Why sync gateway chose DataBucket-3, not -1, -2 and -4 (all 4 are available)

bbrks · September 13, 2024, 11:59am

The root of all your questions is really why does Sync Gateway think my-db is defined in DataBucket-3 instead of DataBucket-1.

I suspect what’s happened is you have somehow got into the situation where your Couchbase Server buckets have multiple Sync Gateway databases with the same name and Sync Gateway is choosing the first one it finds.

Can you clarify what buckets you have, and what Sync Gateway databases you expect to have created on each?

If you don’t want Sync Gateway looking in other buckets, you can restrict the RBAC permissions used by Sync Gateway’s bootstrap user, or specify a set of bucket_credentials

MrNobody · September 13, 2024, 2:40pm

Thanks @bbrks
Could you please kindly clarify the concept of “Sync Gateway databases”? My understanding is the Sync Gateway is a gateway service and the Couchbase server is the persistence layer, so Couchbase server whose holding the buckets are the Sync Gateway databases

I am upgrading Sync Gateway to 3.1, so the minimal bootstrap defines multiple CB servers for all sync gateway instance

  "databases": {
    "my-db": {
      "server": "couchbase://cbserver01.myspace.com,couchbase://cbserver02.myspace.com,couchbase://cbserver03.myspace.com",
      "bucket": "DataBucket-1",
      "username": "gateway_user",
      "password": "XxXxXx",
      .....
   }
}

however in each DB server there are multiple buckets

cbserver01.myspace.com
       |-- DataBucket-1
       |-- DataBucket-2
       |-- DataBucket-3
       |-- DataBucket-4

Same bucket structure applies to the cbserver02, cbserver03 etc

it’s surprising to see data goes into the bucket not defined in the bootstrap, or is there a config I miss which may cause the issue?

bbrks · September 13, 2024, 4:56pm

Your bootstrap config will not define a bucket, instead only a Couchbase Cluster. This is defined in your startup configuration file where you run Sync Gateway.

Sync Gateway will automatically discover all of the accessible buckets and load any database configurations which are found in each bucket.
These database configuration documents are keyed like you’ve already identified (_sync:dbconfig:my-db:default), and in normal circumstances only ever refer to the same bucket the config document is found in.

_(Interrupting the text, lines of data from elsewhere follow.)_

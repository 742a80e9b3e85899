-- ===== src/Capabilities/DynamicAnalysis/Published.antt =====
-- Where the matches below the file go in `find_dynamic_capabilities` of
-- capa-x/src/capabilities/dynamic_analysis.rs: into what the file's rules are matched against, and into
-- the result.
use capa_x.Prelude.{ℕ, ◌≡◌, sym, ap, ◌∙◌, Bool, true, ◌||◌, String, some, [], arith, any, length}
use capa_x.Prelude.Result.{ok, bind-ok}
use capa_x.Address.{Address, no_address}
use capa_x.Features.{Feature}
use capa_x.Scope.{Scope}
use capa_x.Rules.{Rule}
use capa_x.Engine.FeatureSet.{FeatureSet}
use capa_x.Engine.FeatureSet.Has.{has}
use capa_x.Freeze.{DynamicFeatures}
use capa_x.Capabilities.Matching.{MatchResults}
use capa_x.Capabilities.Matcher.{Matcher}
use capa_x.Capabilities.Driver.{extend_matches, find_file_capabilities, file_features_of}
use capa_x.Capabilities.Driver.Promoted.{is_hit, is_published_as}
use capa_x.Capabilities.Driver.Hits.{is_hit-extend_matches}
use capa_x.Capabilities.DynamicAnalysis.{
  processes_loop, ProcessesState, no_processes, process_and_lower, DynamicCapabilities, with_file,
  find_dynamic_capabilities,
}
use capa_x.Capabilities.DynamicAnalysis.Hits.{
  hit_in_process, hit_in_processes, hit_in_processes-processes_loop,
}
use capa_x.Capabilities.DynamicAnalysis.Visible.{process_and_lower-visible}

module _ (rule_set : Matcher) where
  -- what the file's rules are matched against, with the matches that they have
  abbrev pub MatchesFile : DynamicCapabilities → FeatureSet → MatchResults → Type 0
  MatchesFile caps fs matches =
      (rule_set.match_scope_results Scope.file fs no_address ≡ ok matches)
      × (caps.file_feature_count ≡ length fs)

module _ (rule_set : Matcher) (freeze : DynamicFeatures) (name : String) (addr : Address) where
  -- the matcher finds the rule below the file
  abbrev pub hit_below : Bool
  hit_below = any (hit_in_process rule_set freeze.global_features name addr) freeze.processes

  abbrev file_features : ProcessesState → FeatureSet
  file_features s =
      file_features_of rule_set freeze.file_features freeze.global_features
        (process_and_lower rule_set s)

  is_hit-with_file :
      (s : ProcessesState) (found : MatchResults × ℕ)
      → is_hit name addr (with_file s found).matches
        ≡ (hit_in_processes rule_set freeze.global_features name addr s || is_hit name addr found.0)
  is_hit-with_file s found =
      let calls = extend_matches [] s.all_call_matches in
      let spans = extend_matches calls s.all_span_matches in
      let threads = extend_matches spans s.all_thread_matches in
      let processes = extend_matches threads s.all_process_matches in
      ground (
        arith,
        is_hit-extend_matches name addr processes found.0,
        is_hit-extend_matches name addr threads s.all_process_matches,
        is_hit-extend_matches name addr spans s.all_thread_matches,
        is_hit-extend_matches name addr calls s.all_span_matches,
        is_hit-extend_matches name addr [] s.all_call_matches,
      )

  concluded :
      (caps : DynamicCapabilities)
      → find_dynamic_capabilities rule_set freeze ≡ ok caps
      → (s : ProcessesState) × ((matches : MatchResults) × (MatchesFile rule_set caps
              (file_features s)
              matches
            × ((hit_in_processes rule_set freeze.global_features name addr s ≡ hit_below)
                × (is_hit name addr caps.matches ≡ (hit_below || is_hit name addr matches)))))
  unfolding find_dynamic_capabilities find_file_capabilities
  concluded caps h =
      let v =
        bind-ok (processes_loop rule_set freeze.global_features freeze.processes no_processes) _
          caps h in
      let w =
        bind-ok
          (find_file_capabilities rule_set freeze.file_features freeze.global_features
            (process_and_lower rule_set v.0))
          _ caps v.1.1 in
      let fs = file_features v.0 in
      let u = bind-ok (rule_set.match_scope_results Scope.file fs no_address) _ w.0 w.1.0 in
      let same : with_file v.0 w.0 ≡ caps = cc in
      let pair : ◌≡◌ {A = MatchResults × ℕ} (u.0, length fs) w.0 = cc in
      let hits =
        hit_in_processes-processes_loop rule_set freeze.global_features name addr freeze.processes
          no_processes v.0 v.1.0 in
      (
        v.0,
        (
          u.0,
          (
            (
              u.1.0,
              sym (ap (λ (c : DynamicCapabilities). c.file_feature_count) same)
                  ∙ sym (ap (λ (p : MatchResults × ℕ). p.1) pair),
            ),
            (
              hits,
              sym (ap (λ (c : DynamicCapabilities). is_hit name addr c.matches) same)
                  ∙ is_hit-with_file v.0 w.0
                  ∙ rw hits
                      (ap (λ (p : MatchResults × ℕ). hit_below || is_hit name addr p.0) (sym pair)),
            ),
          ),
        ),
      )

  -- Of a run that succeeds: a rule has a match at an address in the result just when the matcher finds it
  -- there in a call, a thread or a process, when it is recorded there for a span of the calls of a
  -- thread, or when the matcher has it there among its matches for the features of the file, which are
  -- as many as the count that is returned.
  pub is_hit-find_dynamic_capabilities :
      (caps : DynamicCapabilities)
      → find_dynamic_capabilities rule_set freeze ≡ ok caps
      → (fs : FeatureSet) × ((matches : MatchResults) × (MatchesFile rule_set caps fs matches
            × (is_hit name addr caps.matches ≡ (hit_below || is_hit name addr matches))))
  is_hit-find_dynamic_capabilities caps h =
      let c = concluded caps h in (file_features c.0, (c.1.0, (c.1.1.0, c.1.1.1.1)))

  -- Of a run that succeeds: where the matcher finds a rule that it knows in a call, a thread or a
  -- process, or the rule is recorded for a span of calls, the file's rules are matched against features
  -- that have the match at its address, as the rule's name, as its namespace and as every prefix of
  -- that; these features are as many as the count that is returned.
  pub find_dynamic_capabilities-visible :
      (rule : Rule) (f : Feature) (caps : DynamicCapabilities)
      → rule_set.get name ≡ some rule
      → is_published_as rule f ≡ true
      → find_dynamic_capabilities rule_set freeze ≡ ok caps
      → hit_below ≡ true
      → (fs : FeatureSet) × ((matches : MatchResults) × (MatchesFile rule_set caps fs matches
            × (has f addr fs ≡ true)))
  find_dynamic_capabilities-visible rule f caps known seen h hit =
      let c = concluded caps h in
      (
        file_features c.0,
        (
          c.1.0,
          (
            c.1.1.0,
            process_and_lower-visible rule_set name rule f addr c.0 freeze.file_features
                freeze.global_features known seen (c.1.1.1.0 ∙ hit),
          ),
        ),
      )
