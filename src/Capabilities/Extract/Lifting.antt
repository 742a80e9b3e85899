-- ===== src/Capabilities/Extract/Lifting.antt =====
-- What `extract_children` of capa-x/src/capabilities/ruleset.rs lifts out of a body, and under which
-- names.

use capa_x.Capabilities.Extract.{subscope_name}
use capa_x.Scope.{Scope}
use capa_x.Prelude.{
  ap, length-append, suc, ◌+◌, ◌++◌, length, ◌∙◌, arith, append-nil, append_assoc, refl, sym,
  String, List, ℕ, Option, ◌∷◌, ◌≡◌, [],
}
use capa_x.Rules.{Node, Statement, NodeList, node}
use capa_x.Capabilities.Extract.{
  extract_children, extract_child_list, extract_single_child, Lifted, List, ◌∷◌, Option, ℕ,
}

-- The outermost subscopes below the root of a body, in the order of the text.
unfoldable mutual
  pub lifted_bodies : Statement → List (Scope × Node)
  lifted_bodies (Statement.and children) = bodies_in children
  lifted_bodies (Statement.or children) = bodies_in children
  lifted_bodies (Statement.some_of count children) = bodies_in children
  lifted_bodies (Statement.not (node child d)) = bodies_at child
  lifted_bodies (Statement.subscope scope (node body d)) = bodies_at body
  lifted_bodies (Statement.range feature min max) = []
  lifted_bodies (Statement.leaf feature) = []

  pub bodies_at : Statement → List (Scope × Node)
  bodies_at (Statement.subscope scope body) = (scope, body) ∷ []
  bodies_at (Statement.and children) = bodies_in children
  bodies_at (Statement.or children) = bodies_in children
  bodies_at (Statement.some_of count children) = bodies_in children
  bodies_at (Statement.not (node child d)) = bodies_at child
  bodies_at (Statement.range feature min max) = []
  bodies_at (Statement.leaf feature) = []

  pub bodies_in : NodeList → List (Scope × Node)
  bodies_in NodeList.nil = []
  bodies_in (NodeList.cons (node c d) cs) = bodies_at c ++ bodies_in cs

-- subscopes with the names of their rules, which count on from a number
unfoldable pub numbered : String → ℕ → List (Scope × Node) → List (String × (Scope × Node))
numbered rule_name k [] = []
numbered rule_name k (b ∷ bodies) =
    (subscope_name rule_name (suc k), b) ∷ numbered rule_name (suc k) bodies

-- what has been lifted out, with these bodies behind it
abbrev pub with_bodies : String → Lifted → List (Scope × Node) → Lifted
with_bodies rule_name l bodies = (l.0 + length bodies, l.1 ++ numbered rule_name l.0 bodies)

numbered-append :
    (r : String) (k : ℕ) (xs ys : List (Scope × Node))
    → numbered r k (xs ++ ys) ≡ numbered r k xs ++ numbered r (k + length xs) ys
unfolding numbered
numbered-append r k [] ys = ap (λ n. numbered r n ys) (omega arith)
numbered-append r k (x ∷ xs) ys =
    ap (λ rest. (subscope_name r (suc k), x) ∷ rest)
      (numbered-append r (suc k) xs ys
        ∙ ap (λ n. numbered r (suc k) xs ++ numbered r n ys) (omega arith))

pair_lifted :
    {k n : ℕ} {xs ys : List (String × (Scope × Node))}
    → k ≡ n
    → xs ≡ ys
    → ◌≡◌ {A = Lifted} (k, xs) (n, ys)
pair_lifted e h = rw (e, h) refl

with_bodies-append :
    (r : String) (l : Lifted) (xs ys : List (Scope × Node))
    → with_bodies r (with_bodies r l xs) ys ≡ with_bodies r l (xs ++ ys)
with_bodies-append r (k, lifted) xs ys = pair_lifted (omega (arith, length-append xs ys)) (
    append_assoc lifted (numbered r k xs) (numbered r (k + length xs) ys)
    ∙ ap (λ rest. lifted ++ rest) (sym (numbered-append r k xs ys)))

nothing_lifted : (r : String) (l : Lifted) → l ≡ with_bodies r l []
unfolding numbered
nothing_lifted r (k, lifted) = pair_lifted (omega arith) (sym (append-nil lifted))

one_lifted :
    (r : String) (l : Lifted) (b : Scope × Node)
    → ◌≡◌ {A = Lifted}
        (suc l.0, l.1 ++ (subscope_name r (suc l.0), b) ∷ [])
        (with_bodies r l (b ∷ []))
unfolding numbered
one_lifted r (k, lifted) b = pair_lifted (omega arith) refl

mutual
  unfolding extract_children lifted_bodies

  pub statement_lifted :
      (s : Statement) (r : String) (l : Lifted)
      → (extract_children s r l).1 ≡ with_bodies r l (lifted_bodies s)
  statement_lifted (Statement.and children) r l = list_lifted children r l
  statement_lifted (Statement.or children) r l = list_lifted children r l
  statement_lifted (Statement.some_of count children) r l = list_lifted children r l
  statement_lifted (Statement.not (node child d)) r l = node_lifted child d r l
  statement_lifted (Statement.subscope scope (node body d)) r l = node_lifted body d r l
  statement_lifted (Statement.range feature min max) r l = nothing_lifted r l
  statement_lifted (Statement.leaf feature) r l = nothing_lifted r l

  list_lifted :
      (cs : NodeList) (r : String) (l : Lifted)
      → (extract_child_list cs r l).1 ≡ with_bodies r l (bodies_in cs)
  list_lifted NodeList.nil r l = nothing_lifted r l
  list_lifted (NodeList.cons (node c d) cs) r l =
      list_lifted cs r (extract_single_child (node c d) r l).1
      ∙ ap (λ (m : Lifted). with_bodies r m (bodies_in cs)) (node_lifted c d r l)
      ∙ with_bodies-append r l (bodies_at c) (bodies_in cs)

  node_lifted :
      (s : Statement) (d : Option String) (r : String) (l : Lifted)
      → (extract_single_child (node s d) r l).1 ≡ with_bodies r l (bodies_at s)
  node_lifted (Statement.subscope scope body) d r (k, lifted) =
      one_lifted r (k, lifted) (scope, body)
  node_lifted (Statement.and children) d r l = list_lifted children r l
  node_lifted (Statement.or children) d r l = list_lifted children r l
  node_lifted (Statement.some_of count children) d r l = list_lifted children r l
  node_lifted (Statement.not (node child e)) d r l = node_lifted child e r l
  node_lifted (Statement.range feature min max) d r l = nothing_lifted r l
  node_lifted (Statement.leaf feature) d r l = nothing_lifted r l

It is however possible, if you’ve moved documents between buckets (e.g. with backup/restore or XDCR) to have database configuration documents that refer to a different bucket than the one the database configuration is stored in.

In this case, it’s expected that Sync Gateway will not load the database, because it detects there’s a mismatch. We fixed this in version 3.1.2

https://jira.issues.couchbase.com/issues/CBG-3292

What version are you upgrading from/to?

MrNobody · September 13, 2024, 7:07pm

Thanks @bbrks
Currently am upgrading to 3.1.10…

then how can I define/config the sync gateway to let document only write to designated bucket?

MrNobody · September 16, 2024, 2:39pm

@bbrks
I am upgrading from 2.8 to 3.1.10
Is there a way to designate bucket to a sync gateway, not only database?

bbrks · September 16, 2024, 5:17pm

Is there a way to designate bucket to a sync gateway, not only database?

I assume you already saw my note 2 posts ago about providing bucket_credentials to limit which buckets are being accessed?

If you’re upgrading from 2.8 all of these configuration changes were made in 3.0 so it might be helpful for you to review the 3.0 documentation.

You can disable persistent config and run in legacy config mode to retain your 2.8 behaviour, but there’s going to be limited support for new features when running in this mode. I wouldn’t recommend it for a long period of time, just maybe as a stepping stone to get you upgraded first, and then think about changing your configuration.

MrNobody · September 16, 2024, 5:30pm

@bbrks
Could you please clarify Sync Gateway databases? From my example there are multiple sync gateway instances accessing my-db, which is the Couchbase database.

One the other hand, from my 2nd post, there are a couple CB server for my-db, each CB server consists of 4 data bucket.

I am not sure where to find other config/info to associate speicifc databucket to sync gateway “database”

adamf · September 16, 2024, 6:05pm

A Sync Gateway database is the term used for the application definition by Sync Gateway. A database defines a backing data store in Couchbase (a bucket, and optionally a set of collections within that bucket).

The same Sync Gateway database can be running on multiple Sync Gateway instances (i.e. you can scale the database horizontally). Separately, the backing data store in Couchbase can also be distributed across multiple Couchbase nodes. These two layers of scaling are independent - see the diagram here for an example:

In 3.0 and later Sync Gateway stores database configurations in the default collection of the associated bucket. Sync Gateway is started with a bootstrap configuration that connects to the Couchbase cluster, and then looks for any databases defined in each of the buckets that the bootstrap user has access to.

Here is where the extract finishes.